Ferroptosis is a distinct iron-dependent form of regulated cell death that plays critical roles in cancer progression, neurodegenerative disorders, and immune regulation. Computational identification of ferroptosis-related proteins (FRPs) remains challenging due to the complex regulatory network of ferroptosis, the functional heterogeneity of FRPs, and the limited availability of experimentally validated data. Accurate and high-throughput prediction of FRPs is therefore urgently needed. To address these challenges, we propose FeroConCap, a novel deep learning framework that integrates fractal chaos game representation (FCGR) encoding, capsule networks, and supervised contrastive learning to capture hierarchical and spatial sequence dependencies associated with ferroptosis. The supervised contrastive strategy enhances intra-class compactness while increasing inter-class separability in the embedding space, leading to more robust and discriminative representations.

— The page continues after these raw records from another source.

-- ===== src/Linking/EventPool/Phases.antt =====
-- The phases that fill the event pool of src/evoeventmem/linking.py, and what the pool holds at last.
use evoeventmem.Prelude.{
  ℕ, ◌-◌, ◌≡◌, ◌≤◌, refl, sym, ap, ◌∙◌, String, Bool, true, Option, none, some, List, [], ◌∷◌, All,
  All-imp, All-take, nat_eq, string_eq, Bool-cases, inl, inr, contains, take, ltb, length,
  length-take-le,
}
use mathlib.Core.Path.{subst}
use evoeventmem.Prelude.Dict
use evoeventmem.Prelude.Dict.{values, All-values}
use evoeventmem.Prelude.Sort.{sort, All-sort}
use evoeventmem.Domain.Models.{MemoryRecord}
use evoeventmem.Domain.Order.{tuple_lt}
use evoeventmem.Linking.Types.{
  LinkCandidateGenerator, CandidateGenerationRequest, EmbeddingCandidateIndex, shared_entity_key,
  lexical_token_match, embedding_index_candidate, stable_fallback,
}
use evoeventmem.Linking.Keys.{
  normalized_linking_key, entity_key_sets, linking_tokens, fact_slot_key,
}
use evoeventmem.Linking.Indexes.{RequestIndexes, posting, build_request_indexes}
use evoeventmem.Linking.Indexes.Filed.{All-contains}
use evoeventmem.Linking.Indexes.Sound.{Target, HasToken, HasKey, IsEventIndex}
use evoeventmem.Linking.Indexes.Admitted.{Admitted, build_request_indexes-IsSound}
use evoeventmem.Linking.Pool.{for_until, for_until-keeps, sorted_texts}
use evoeventmem.Linking.EventPool.{
  EventPool, by_entity_key, add_found, add_target, by_index, by_token, by_fallback, phases,
  fill_phases, event_pool_lt, finalize_event_pool, event_comparison_pool,
}
use evoeventmem.Linking.EventPool.Sound.{
  some-injective, Entry, IsSound, Filled, Suits, Justified, IsSound-add_event_pool_item,
  IsSound-fill_event_pool, IsSound-by_slot, IsSound-by_content,
}

-- A sorted set has the elements of the set.
pub All-sorted_texts :
    (texts : List String) → All (λ x. contains x texts ≡ true) (sorted_texts texts)
All-sorted_texts texts =
    All-sort (λ a b. tuple_lt (a ∷ []) (b ∷ [])) (λ x. contains x texts ≡ true) texts
      (All-contains texts)

All-any : (xs : List ℕ) → All (λ x. Unit {0}) xs
All-any [] = tt
All-any (x ∷ xs) = (tt, All-any xs)

module _ (self : LinkCandidateGenerator) (request : CandidateGenerationRequest) (limit : ℕ) where
  abbrev indexes : RequestIndexes
  indexes = build_request_indexes self request

  filed : IsEventIndex self request (Admitted self request) indexes
  filed = (build_request_indexes-IsSound self request).1

  IsSound-by_entity_keys :
      (pool : EventPool)
      → IsSound self request pool
      → Filled self request (
          for_until
            (by_entity_key self request.source limit indexes)
            (sorted_texts (entity_key_sets self request.source))
            pool)
  IsSound-by_entity_keys pool h =
      let keys = entity_key_sets self request.source in
      for_until-keeps (λ key. contains key keys ≡ true) (IsSound self request)
        (by_entity_key self request.source limit indexes)
        (λ key s has k.
          IsSound-fill_event_pool self request limit shared_entity_key
            (posting indexes.event_entity_key_index key) s
            (All-imp (HasKey self request (Admitted self request) key)
              (Suits self request shared_entity_key) (posting indexes.event_entity_key_index key)
              (λ m h'. (h'.0, (key, has, h'.1))) (filed.keys key))
            k)
        (sorted_texts keys) pool (All-sorted_texts keys) h

  -- The candidate index finds targets of the request only: the lookup by id never fails.
  IsSound-add_found :
      (id : ℕ) (o : Option MemoryRecord) (pool : EventPool)
      → Dict.get indexes.targets_by_id id ≡ o
      → contains id indexes.event_target_ids ≡ true
      → IsSound self request pool
      → Filled self request (add_found self request.source limit indexes o pool)
  IsSound-add_found id none pool e there h = h
  IsSound-add_found id (some t) pool e there h =
      let (m, same, target) = filed.ids id there in
      let found : some m ≡ some t = sym target.0.1 ∙ ap (Dict.get indexes.targets_by_id) same ∙ e in
      IsSound-add_event_pool_item self request t embedding_index_candidate pool
        (subst (Target self request (Admitted self request)) (some-injective m t found) target) tt h

  IsSound-add_target :
      (id : ℕ) (pool : EventPool)
      → IsSound self request pool
      → Filled self request (add_target self request.source limit indexes id pool)
  IsSound-add_target id pool h = elim (Bool-cases (contains id indexes.event_target_ids)) [
    | inl yields ↦
        rw yields (IsSound-add_found id (Dict.get indexes.targets_by_id id) pool refl yields h)
    | inr fails ↦ rw fails h
  ]

  IsSound-by_index :
      (index : Option EmbeddingCandidateIndex) (pool : EventPool)
      → IsSound self request pool
      → Filled self request (by_index self request.source limit indexes index pool)
  unfolding by_index
  IsSound-by_index none pool h = h
  IsSound-by_index (some index) pool h =
      let remaining = limit - length pool in
      let targets =
        take remaining (index.query_event_candidates request.source.content remaining) in
      elim (Bool-cases (ltb 0 remaining)) [
        | inl yields ↦ rw yields (
            for_until-keeps (λ id. Unit {0}) (IsSound self request)
              (add_target self request.source limit indexes)
              (λ id s any k. IsSound-add_target id s k) targets pool (All-any targets) h)
        | inr fails ↦ rw fails h
      ]

  IsSound-by_token :
      (pool : EventPool)
      → IsSound self request pool
      → Filled self request (
          for_until
            (by_token self request.source limit indexes)
            (sorted_texts
              (linking_tokens self (normalized_linking_key self request.source.content)))
            pool)
  IsSound-by_token pool h =
      let tokens = linking_tokens self (normalized_linking_key self request.source.content) in
      for_until-keeps (λ token. contains token tokens ≡ true) (IsSound self request)
        (by_token self request.source limit indexes)
        (λ token s has k.
          IsSound-fill_event_pool self request limit lexical_token_match
            (posting indexes.event_token_index token) s
            (All-imp (HasToken self request (Admitted self request) token)
              (Suits self request lexical_token_match) (posting indexes.event_token_index token)
              (λ m h'. (h'.0, (token, has, h'.1))) (filed.tokens token))
            k)
        (sorted_texts tokens) pool (All-sorted_texts tokens) h

  IsSound-by_fallback :
      (pool : EventPool)
      → IsSound self request pool
      → Filled self request (by_fallback self request.source limit indexes pool)
  IsSound-by_fallback pool h =
      IsSound-fill_event_pool self request limit stable_fallback indexes.event_targets pool
        (All-imp (Target self request (Admitted self request)) (Suits self request stable_fallback)
          indexes.event_targets (λ m t. (t, tt)) filed.events)
        h

  -- A phase that keeps the pool sound.
  abbrev Keeps : (EventPool → EventPool × Bool) → Type 0
  Keeps phase = (pool : EventPool) → IsSound self request pool → Filled self request (phase pool)

  IsSound-fill_phases : IsSound self request (fill_phases self request.source limit indexes)
  unfolding fill_phases phases
  IsSound-fill_phases =
      for_until-keeps Keeps (IsSound self request) (λ phase. phase) (λ phase s k h. k s h)
        (phases self request.source limit indexes) []
        (
          λ s h.
              IsSound-by_slot self request limit indexes filed (fact_slot_key self request.source) s
                refl h,
          (
            IsSound-by_content self request limit indexes filed,
            (
              IsSound-by_entity_keys,
              (
                IsSound-by_index self.candidate_index,
                (IsSound-by_token, (IsSound-by_fallback, tt)),
              ),
            ),
          ),
        )
        tt

module _ (self : LinkCandidateGenerator) (request : CandidateGenerationRequest) where
  -- What is compared: at most `max_event_candidates` targets, each with reasons that hold of it.
  pub event_comparison_pool-Justified :
      All
        (Justified self request)
        (event_comparison_pool self request (build_request_indexes self request))
      × (length (event_comparison_pool self request (build_request_indexes self request))
          ≤ request.max_event_candidates)
  unfolding event_comparison_pool finalize_event_pool
  event_comparison_pool-Justified =
      let limit = request.max_event_candidates in
      let filled = fill_phases self request.source limit (build_request_indexes self request) in
      let items = values filled in
      let J = Justified self request in
      (
        All-take J limit (sort (event_pool_lt self) items) (
            All-sort (event_pool_lt self) J items (
              All-values (Entry self request) J filled (λ k v entry. entry.1)
                (IsSound-fill_phases self request limit))),
        length-take-le limit (sort (event_pool_lt self) items),
      )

Using a benchmark dataset of 2298 non-redundant protein sequences, FeroConCap achieved state-of-the-art performance, with an accuracy of 95.65% and an MCC of 0.915, exceeding the current method by 4.13% in accuracy and 0.084 in MCC. Comprehensive ablation studies and feature visualization analyses further confirm that both FCGR encoding and the capsule architecture substantially contribute to performance improvement over traditional handcrafted descriptors. To facilitate practical applications, a user-friendly web server has been developed for efficient and large-scale FRP prediction, freely available at https://ycclab.cuhk.edu.cn/FeroConCap.

Scientific Contribution

This study introduces FeroConCap, a novel deep learning framework that enhances the identification of ferroptosis-related proteins. By integrating FCGR encoding with Capsule Networks and supervised contrastive learning, the method effectively captures complex sequence patterns, outperforming existing methods like FRP-XGBoost. This work provides a user-friendly web server, offering a robust tool for high-throughput screening in ferroptosis research and drug discovery.